◆ EXERCISE INSTRUCTIONS
Please copy every line from the following entries in which the word "Suits" appears.

*** INPUT RECORDS ***

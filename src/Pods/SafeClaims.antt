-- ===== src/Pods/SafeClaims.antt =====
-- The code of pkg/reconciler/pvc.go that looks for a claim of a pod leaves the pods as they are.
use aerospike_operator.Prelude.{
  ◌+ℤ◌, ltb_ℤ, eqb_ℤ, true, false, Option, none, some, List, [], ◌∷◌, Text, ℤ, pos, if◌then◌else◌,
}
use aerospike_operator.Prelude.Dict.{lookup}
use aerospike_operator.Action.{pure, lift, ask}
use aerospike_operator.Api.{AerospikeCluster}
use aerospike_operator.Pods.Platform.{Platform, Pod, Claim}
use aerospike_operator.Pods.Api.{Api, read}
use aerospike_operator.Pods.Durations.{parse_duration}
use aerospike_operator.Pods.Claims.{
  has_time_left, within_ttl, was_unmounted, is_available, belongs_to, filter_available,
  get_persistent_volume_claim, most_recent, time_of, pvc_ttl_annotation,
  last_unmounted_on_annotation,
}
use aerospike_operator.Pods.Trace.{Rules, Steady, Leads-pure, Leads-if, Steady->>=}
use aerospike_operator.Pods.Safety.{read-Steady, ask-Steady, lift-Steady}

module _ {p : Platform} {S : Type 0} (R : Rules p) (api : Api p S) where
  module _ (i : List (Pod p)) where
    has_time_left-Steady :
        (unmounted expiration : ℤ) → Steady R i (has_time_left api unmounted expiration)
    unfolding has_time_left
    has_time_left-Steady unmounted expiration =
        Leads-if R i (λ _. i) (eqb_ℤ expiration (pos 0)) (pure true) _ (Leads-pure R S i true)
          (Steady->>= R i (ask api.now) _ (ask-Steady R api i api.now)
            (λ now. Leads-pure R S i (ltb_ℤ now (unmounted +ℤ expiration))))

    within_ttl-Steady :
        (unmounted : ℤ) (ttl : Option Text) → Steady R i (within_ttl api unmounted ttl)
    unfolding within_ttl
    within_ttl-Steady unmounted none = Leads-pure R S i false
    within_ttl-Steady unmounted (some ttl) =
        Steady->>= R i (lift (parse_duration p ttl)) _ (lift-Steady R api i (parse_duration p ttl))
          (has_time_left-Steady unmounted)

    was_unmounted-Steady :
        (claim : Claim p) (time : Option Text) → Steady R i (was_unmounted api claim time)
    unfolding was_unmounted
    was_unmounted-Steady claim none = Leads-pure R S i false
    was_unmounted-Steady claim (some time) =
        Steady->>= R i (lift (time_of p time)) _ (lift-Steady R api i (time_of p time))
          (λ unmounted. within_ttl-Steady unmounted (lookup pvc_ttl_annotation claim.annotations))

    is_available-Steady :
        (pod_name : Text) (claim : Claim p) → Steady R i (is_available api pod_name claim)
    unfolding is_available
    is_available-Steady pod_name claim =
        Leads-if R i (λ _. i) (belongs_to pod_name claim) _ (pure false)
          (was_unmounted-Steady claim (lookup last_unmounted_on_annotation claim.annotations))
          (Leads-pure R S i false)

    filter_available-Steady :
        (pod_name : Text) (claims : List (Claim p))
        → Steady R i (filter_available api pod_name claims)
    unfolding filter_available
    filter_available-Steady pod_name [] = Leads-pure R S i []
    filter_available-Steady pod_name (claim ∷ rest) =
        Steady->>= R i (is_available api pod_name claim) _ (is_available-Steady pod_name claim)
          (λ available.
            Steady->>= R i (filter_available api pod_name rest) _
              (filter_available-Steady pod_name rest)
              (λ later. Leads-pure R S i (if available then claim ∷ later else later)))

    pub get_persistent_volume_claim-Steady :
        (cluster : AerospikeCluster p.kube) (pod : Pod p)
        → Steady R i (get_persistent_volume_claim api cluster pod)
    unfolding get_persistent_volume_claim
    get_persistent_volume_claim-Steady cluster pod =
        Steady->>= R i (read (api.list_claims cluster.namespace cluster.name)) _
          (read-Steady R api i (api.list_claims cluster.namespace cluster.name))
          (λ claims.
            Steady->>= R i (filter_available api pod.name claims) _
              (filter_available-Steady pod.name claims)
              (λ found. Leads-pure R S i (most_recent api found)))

***
*** INPUT RECORDS ***

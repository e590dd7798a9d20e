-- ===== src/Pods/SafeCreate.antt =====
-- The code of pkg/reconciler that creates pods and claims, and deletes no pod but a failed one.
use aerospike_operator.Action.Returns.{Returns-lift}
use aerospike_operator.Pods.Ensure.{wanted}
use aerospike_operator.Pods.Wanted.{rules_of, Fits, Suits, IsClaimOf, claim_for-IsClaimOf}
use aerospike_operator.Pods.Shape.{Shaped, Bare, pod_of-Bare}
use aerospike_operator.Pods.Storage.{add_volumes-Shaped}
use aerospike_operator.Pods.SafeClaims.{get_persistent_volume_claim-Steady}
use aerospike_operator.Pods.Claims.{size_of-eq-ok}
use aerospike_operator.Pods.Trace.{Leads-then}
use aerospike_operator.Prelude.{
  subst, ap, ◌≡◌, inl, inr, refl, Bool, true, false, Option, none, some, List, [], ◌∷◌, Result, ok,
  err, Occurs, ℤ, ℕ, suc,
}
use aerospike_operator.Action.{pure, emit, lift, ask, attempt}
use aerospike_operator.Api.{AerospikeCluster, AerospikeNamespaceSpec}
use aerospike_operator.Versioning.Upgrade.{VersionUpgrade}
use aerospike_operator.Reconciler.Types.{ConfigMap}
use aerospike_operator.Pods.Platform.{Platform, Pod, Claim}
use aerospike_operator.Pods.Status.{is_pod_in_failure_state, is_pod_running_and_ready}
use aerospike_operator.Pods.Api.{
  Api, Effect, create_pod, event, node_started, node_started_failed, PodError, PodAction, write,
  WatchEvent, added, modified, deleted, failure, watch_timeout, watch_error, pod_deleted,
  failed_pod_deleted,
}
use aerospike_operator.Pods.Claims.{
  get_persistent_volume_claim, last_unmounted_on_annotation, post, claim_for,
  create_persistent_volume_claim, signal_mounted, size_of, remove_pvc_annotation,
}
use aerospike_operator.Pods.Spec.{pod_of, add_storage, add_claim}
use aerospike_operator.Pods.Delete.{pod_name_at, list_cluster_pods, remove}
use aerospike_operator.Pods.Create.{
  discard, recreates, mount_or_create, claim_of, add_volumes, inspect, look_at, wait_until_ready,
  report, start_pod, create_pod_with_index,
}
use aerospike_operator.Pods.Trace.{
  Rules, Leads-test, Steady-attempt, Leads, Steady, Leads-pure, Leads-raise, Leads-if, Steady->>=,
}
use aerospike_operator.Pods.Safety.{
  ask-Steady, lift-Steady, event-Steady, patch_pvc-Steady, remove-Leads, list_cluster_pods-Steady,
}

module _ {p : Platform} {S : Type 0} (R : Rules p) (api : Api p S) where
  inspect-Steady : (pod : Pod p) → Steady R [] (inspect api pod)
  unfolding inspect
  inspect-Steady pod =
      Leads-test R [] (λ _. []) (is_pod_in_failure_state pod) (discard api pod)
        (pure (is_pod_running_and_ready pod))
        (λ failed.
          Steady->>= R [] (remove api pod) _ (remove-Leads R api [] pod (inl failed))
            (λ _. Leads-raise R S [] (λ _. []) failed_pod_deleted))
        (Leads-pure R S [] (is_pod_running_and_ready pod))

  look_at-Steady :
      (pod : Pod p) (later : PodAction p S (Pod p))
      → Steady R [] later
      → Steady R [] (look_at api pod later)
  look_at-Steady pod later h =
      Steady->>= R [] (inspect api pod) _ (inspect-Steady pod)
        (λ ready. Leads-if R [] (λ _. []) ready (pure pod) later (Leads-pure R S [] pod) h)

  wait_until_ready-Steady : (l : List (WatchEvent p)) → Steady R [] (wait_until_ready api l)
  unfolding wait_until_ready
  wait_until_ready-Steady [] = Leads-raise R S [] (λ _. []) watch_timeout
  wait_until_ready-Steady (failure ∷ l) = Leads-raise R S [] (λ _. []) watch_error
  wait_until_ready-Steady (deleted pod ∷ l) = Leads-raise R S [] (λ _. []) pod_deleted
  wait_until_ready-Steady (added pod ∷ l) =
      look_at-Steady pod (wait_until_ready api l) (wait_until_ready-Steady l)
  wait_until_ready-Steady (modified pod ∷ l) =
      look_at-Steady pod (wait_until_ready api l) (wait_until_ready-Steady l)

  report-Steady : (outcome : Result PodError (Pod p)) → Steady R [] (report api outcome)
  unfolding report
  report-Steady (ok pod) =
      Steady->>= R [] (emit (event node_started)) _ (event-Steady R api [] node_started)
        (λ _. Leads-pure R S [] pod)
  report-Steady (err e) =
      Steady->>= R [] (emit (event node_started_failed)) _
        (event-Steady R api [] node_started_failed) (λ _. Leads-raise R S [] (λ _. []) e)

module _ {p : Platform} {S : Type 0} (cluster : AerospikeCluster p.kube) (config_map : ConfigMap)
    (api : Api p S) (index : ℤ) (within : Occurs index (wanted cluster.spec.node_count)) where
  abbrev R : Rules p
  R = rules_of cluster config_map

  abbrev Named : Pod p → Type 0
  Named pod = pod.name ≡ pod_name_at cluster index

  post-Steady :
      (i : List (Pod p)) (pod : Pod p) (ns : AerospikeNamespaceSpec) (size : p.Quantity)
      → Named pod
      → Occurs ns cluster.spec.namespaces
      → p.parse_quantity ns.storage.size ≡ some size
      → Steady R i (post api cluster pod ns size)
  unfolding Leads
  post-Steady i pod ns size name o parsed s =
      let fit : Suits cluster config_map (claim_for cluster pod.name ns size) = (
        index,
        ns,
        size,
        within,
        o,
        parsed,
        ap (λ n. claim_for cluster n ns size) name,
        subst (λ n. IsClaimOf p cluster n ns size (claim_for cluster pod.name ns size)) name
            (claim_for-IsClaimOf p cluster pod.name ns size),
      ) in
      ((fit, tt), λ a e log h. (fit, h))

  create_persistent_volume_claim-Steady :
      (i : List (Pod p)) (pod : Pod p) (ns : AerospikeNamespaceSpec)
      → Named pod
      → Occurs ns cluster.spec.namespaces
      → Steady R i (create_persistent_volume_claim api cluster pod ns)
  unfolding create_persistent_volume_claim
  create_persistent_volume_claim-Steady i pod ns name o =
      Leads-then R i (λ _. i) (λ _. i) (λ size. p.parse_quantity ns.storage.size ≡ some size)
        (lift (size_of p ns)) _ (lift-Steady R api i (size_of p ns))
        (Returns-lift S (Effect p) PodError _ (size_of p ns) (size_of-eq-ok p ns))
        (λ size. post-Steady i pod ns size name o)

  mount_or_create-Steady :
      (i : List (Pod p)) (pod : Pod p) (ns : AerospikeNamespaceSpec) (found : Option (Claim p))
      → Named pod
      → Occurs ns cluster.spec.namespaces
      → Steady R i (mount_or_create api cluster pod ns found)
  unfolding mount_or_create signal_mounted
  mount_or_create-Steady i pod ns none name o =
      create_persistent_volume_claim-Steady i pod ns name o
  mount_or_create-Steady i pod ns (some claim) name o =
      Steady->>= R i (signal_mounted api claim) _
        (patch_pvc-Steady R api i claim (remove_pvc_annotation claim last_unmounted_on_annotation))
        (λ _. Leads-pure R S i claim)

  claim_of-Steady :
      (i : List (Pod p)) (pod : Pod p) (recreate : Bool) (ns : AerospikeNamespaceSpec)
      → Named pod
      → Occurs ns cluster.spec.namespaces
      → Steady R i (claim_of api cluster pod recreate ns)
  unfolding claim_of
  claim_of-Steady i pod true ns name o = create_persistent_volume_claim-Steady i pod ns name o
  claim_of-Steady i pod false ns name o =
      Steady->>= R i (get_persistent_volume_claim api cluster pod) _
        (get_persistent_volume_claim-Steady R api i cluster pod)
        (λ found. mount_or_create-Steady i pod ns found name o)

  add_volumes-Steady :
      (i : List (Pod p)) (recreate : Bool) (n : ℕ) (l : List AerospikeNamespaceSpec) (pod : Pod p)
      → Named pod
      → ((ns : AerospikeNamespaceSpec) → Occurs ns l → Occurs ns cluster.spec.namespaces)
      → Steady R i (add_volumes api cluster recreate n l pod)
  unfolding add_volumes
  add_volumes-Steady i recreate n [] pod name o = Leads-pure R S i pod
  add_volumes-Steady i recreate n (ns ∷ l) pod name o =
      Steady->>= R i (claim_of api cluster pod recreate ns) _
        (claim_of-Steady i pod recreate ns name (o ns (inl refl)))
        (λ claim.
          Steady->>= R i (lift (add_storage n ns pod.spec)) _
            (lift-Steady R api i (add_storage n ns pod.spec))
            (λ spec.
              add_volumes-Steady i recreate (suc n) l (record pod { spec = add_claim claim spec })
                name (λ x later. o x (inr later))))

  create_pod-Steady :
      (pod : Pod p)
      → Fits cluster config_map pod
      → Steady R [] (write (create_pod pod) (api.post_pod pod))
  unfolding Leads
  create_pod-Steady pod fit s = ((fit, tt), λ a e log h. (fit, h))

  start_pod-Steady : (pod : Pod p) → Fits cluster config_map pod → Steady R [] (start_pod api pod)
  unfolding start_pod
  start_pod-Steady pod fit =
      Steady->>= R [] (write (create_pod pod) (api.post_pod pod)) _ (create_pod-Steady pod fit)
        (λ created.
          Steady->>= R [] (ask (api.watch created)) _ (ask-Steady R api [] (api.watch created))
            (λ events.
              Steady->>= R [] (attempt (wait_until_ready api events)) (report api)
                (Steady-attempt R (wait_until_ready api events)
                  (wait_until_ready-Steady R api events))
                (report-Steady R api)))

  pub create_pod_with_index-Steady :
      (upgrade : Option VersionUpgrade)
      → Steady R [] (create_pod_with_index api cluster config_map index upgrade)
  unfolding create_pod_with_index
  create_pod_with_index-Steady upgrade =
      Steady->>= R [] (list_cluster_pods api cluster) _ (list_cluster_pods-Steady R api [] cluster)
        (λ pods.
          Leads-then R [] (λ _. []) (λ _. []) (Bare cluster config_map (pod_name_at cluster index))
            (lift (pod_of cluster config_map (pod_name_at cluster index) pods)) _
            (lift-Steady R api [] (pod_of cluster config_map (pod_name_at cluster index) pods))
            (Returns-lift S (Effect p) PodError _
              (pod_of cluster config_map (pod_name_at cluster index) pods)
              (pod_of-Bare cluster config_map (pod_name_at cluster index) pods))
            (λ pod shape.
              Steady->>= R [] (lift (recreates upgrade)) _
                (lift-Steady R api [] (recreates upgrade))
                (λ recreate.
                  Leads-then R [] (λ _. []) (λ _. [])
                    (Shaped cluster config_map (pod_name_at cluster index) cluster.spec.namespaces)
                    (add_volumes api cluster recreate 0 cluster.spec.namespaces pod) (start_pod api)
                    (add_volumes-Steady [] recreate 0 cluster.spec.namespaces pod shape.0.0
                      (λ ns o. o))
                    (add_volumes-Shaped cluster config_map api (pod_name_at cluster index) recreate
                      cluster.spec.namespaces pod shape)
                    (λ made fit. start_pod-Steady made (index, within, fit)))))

***

◆ RESPONSE TO THIS EXERCISE
use aerospike_operator.Pods.Wanted.{rules_of, Fits, Suits, IsClaimOf, claim_for-IsClaimOf}
      let fit : Suits cluster config_map (claim_for cluster pod.name ns size) = (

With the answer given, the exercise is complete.